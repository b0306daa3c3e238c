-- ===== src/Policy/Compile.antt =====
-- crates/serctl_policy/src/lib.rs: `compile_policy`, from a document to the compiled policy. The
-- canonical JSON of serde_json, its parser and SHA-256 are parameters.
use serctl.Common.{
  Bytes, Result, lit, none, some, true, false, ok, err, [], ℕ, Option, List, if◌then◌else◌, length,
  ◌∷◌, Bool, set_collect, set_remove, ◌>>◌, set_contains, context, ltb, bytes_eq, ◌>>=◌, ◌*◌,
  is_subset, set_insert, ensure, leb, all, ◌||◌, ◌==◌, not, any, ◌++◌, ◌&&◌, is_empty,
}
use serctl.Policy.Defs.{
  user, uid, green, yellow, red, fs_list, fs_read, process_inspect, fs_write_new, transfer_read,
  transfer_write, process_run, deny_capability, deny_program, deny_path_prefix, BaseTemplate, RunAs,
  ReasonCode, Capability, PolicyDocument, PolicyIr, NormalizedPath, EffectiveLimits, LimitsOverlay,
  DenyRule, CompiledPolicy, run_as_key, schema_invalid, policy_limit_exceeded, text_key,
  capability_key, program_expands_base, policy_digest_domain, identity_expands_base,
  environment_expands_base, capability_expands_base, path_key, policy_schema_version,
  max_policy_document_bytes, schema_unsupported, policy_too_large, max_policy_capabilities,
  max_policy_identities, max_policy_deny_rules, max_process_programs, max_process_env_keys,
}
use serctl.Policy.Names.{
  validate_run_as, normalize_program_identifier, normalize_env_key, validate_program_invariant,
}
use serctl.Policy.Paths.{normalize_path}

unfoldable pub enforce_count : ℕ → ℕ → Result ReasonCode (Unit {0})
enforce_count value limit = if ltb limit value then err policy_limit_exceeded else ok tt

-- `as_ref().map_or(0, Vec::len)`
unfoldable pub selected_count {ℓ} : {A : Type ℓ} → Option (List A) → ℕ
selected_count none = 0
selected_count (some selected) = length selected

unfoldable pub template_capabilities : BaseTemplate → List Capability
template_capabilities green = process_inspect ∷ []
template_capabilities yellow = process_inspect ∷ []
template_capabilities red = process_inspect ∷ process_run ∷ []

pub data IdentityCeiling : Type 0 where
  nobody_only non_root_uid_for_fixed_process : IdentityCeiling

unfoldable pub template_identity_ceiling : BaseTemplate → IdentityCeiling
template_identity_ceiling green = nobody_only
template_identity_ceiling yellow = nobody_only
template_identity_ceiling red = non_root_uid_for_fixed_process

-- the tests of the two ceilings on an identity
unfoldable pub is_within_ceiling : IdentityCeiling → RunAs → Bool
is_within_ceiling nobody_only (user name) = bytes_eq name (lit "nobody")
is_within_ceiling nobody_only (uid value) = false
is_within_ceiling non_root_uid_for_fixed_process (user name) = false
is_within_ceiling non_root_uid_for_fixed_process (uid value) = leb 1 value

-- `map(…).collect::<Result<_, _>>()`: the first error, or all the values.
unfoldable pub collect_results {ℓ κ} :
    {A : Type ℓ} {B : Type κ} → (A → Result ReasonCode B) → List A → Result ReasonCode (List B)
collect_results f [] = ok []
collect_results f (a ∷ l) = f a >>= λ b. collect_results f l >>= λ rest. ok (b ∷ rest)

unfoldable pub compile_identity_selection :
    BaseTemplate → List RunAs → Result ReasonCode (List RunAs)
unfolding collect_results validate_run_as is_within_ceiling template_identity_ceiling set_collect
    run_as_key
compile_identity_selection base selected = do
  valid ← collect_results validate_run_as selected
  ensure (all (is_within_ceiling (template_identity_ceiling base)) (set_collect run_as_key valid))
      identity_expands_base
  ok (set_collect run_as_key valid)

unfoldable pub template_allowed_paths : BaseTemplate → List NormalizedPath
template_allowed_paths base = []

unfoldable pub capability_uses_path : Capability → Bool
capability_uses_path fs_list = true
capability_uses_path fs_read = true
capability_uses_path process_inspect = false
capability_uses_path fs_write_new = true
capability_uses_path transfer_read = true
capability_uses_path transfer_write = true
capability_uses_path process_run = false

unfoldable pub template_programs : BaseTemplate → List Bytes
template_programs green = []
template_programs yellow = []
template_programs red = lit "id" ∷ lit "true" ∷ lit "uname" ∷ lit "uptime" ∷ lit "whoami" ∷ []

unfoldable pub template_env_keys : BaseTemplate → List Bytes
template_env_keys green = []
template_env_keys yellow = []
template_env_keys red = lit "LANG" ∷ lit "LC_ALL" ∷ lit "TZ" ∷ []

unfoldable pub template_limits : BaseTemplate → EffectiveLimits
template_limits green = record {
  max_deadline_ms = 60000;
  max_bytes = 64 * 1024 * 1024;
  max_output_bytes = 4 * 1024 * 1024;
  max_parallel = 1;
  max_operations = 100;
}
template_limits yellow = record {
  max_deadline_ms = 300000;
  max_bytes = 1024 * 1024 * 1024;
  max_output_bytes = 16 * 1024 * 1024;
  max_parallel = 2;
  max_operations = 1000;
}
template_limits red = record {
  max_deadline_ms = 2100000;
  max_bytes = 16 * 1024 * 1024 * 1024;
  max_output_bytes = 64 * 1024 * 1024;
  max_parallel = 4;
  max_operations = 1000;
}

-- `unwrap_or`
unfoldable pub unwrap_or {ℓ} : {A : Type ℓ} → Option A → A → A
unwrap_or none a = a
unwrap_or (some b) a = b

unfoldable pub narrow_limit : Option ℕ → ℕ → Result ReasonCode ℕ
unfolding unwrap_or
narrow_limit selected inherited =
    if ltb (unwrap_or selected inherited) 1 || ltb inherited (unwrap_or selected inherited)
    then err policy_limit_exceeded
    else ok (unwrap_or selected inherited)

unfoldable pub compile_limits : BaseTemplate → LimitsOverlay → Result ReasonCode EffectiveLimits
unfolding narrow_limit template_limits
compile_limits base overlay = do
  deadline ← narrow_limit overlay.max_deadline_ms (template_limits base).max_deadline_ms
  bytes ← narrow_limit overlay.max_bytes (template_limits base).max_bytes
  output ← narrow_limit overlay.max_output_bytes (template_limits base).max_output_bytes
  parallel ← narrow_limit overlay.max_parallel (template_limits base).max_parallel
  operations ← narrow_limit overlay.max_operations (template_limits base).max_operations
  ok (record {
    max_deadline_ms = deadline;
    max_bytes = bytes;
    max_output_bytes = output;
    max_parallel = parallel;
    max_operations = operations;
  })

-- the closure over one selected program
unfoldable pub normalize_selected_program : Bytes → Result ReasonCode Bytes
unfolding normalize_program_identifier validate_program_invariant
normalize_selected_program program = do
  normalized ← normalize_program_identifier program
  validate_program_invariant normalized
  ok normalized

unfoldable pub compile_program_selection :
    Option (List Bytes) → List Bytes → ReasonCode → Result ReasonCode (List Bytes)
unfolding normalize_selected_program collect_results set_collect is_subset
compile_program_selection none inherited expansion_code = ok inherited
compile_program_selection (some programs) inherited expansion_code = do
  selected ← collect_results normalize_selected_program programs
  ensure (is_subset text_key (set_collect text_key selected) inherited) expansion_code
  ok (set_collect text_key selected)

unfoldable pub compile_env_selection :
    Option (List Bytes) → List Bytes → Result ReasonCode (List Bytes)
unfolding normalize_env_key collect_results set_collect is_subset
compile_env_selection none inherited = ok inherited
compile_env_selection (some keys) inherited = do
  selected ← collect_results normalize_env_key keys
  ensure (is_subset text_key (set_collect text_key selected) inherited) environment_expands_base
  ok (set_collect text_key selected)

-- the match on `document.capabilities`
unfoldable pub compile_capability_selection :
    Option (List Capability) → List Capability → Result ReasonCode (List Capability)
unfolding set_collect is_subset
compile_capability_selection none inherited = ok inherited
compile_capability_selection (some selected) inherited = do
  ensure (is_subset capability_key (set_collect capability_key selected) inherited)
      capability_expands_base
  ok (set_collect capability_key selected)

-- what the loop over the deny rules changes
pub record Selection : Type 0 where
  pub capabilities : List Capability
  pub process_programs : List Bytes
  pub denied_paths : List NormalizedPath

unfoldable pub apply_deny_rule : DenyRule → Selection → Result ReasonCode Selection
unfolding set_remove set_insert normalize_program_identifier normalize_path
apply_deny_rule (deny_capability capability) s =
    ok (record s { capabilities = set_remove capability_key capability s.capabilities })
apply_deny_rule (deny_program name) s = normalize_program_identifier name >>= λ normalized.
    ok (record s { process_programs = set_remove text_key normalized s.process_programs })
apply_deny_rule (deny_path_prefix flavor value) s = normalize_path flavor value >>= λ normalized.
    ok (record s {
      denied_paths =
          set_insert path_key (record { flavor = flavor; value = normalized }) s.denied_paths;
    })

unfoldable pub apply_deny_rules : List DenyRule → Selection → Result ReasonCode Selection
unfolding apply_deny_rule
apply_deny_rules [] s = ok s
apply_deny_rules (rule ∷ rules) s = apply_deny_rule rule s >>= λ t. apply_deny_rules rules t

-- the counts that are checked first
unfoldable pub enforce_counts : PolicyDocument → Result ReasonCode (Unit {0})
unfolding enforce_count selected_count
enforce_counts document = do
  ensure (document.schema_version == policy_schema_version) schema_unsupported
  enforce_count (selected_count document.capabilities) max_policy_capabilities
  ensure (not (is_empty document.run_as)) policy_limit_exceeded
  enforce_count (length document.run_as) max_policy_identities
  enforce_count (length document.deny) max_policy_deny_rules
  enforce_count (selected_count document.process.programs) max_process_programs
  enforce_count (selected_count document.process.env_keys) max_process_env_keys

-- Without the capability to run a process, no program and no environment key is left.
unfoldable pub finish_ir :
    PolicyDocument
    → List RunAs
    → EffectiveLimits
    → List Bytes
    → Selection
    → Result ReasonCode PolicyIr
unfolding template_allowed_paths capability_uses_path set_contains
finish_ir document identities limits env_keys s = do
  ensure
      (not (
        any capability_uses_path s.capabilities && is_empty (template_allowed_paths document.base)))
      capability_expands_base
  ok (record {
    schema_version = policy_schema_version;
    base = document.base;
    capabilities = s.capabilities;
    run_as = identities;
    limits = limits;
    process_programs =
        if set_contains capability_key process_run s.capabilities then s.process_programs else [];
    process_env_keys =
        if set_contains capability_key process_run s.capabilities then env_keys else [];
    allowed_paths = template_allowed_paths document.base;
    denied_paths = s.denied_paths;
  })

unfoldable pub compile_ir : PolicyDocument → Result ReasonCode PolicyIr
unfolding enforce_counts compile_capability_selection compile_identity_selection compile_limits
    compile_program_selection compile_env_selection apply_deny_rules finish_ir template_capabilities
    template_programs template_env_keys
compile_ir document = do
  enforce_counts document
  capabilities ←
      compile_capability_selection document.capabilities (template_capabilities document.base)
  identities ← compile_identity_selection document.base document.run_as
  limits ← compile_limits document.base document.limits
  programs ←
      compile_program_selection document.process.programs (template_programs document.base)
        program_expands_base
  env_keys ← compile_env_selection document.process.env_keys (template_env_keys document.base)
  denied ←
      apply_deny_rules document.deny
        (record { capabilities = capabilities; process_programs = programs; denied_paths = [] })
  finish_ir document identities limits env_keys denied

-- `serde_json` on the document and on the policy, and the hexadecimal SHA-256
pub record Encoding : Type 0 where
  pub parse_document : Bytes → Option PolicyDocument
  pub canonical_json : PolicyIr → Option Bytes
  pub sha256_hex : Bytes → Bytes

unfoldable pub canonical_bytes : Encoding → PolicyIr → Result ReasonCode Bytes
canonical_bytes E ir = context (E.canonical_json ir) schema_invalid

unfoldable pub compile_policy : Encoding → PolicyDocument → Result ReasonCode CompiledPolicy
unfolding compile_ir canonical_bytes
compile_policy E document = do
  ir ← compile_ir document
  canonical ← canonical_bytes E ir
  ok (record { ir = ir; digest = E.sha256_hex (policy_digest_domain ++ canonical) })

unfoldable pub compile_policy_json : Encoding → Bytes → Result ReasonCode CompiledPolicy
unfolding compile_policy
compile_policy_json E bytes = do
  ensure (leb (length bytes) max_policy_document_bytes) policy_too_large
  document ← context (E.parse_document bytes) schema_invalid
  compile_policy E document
---------------
● **Task brief**: Above are the records; from them, give again exactly the lines from the one containing "max_bytes = 16 * 1024 * 1024 * 1024;" through the one containing "compile_limits base overlay = do", both included.

● **Result for this exercise**:
  max_bytes = 16 * 1024 * 1024 * 1024;
  max_output_bytes = 64 * 1024 * 1024;
  max_parallel = 4;
  max_operations = 1000;
}

-- `unwrap_or`
unfoldable pub unwrap_or {ℓ} : {A : Type ℓ} → Option A → A → A
unwrap_or none a = a
unwrap_or (some b) a = b

unfoldable pub narrow_limit : Option ℕ → ℕ → Result ReasonCode ℕ
unfolding unwrap_or
narrow_limit selected inherited =
    if ltb (unwrap_or selected inherited) 1 || ltb inherited (unwrap_or selected inherited)
    then err policy_limit_exceeded
    else ok (unwrap_or selected inherited)

unfoldable pub compile_limits : BaseTemplate → LimitsOverlay → Result ReasonCode EffectiveLimits
unfolding narrow_limit template_limits
compile_limits base overlay = do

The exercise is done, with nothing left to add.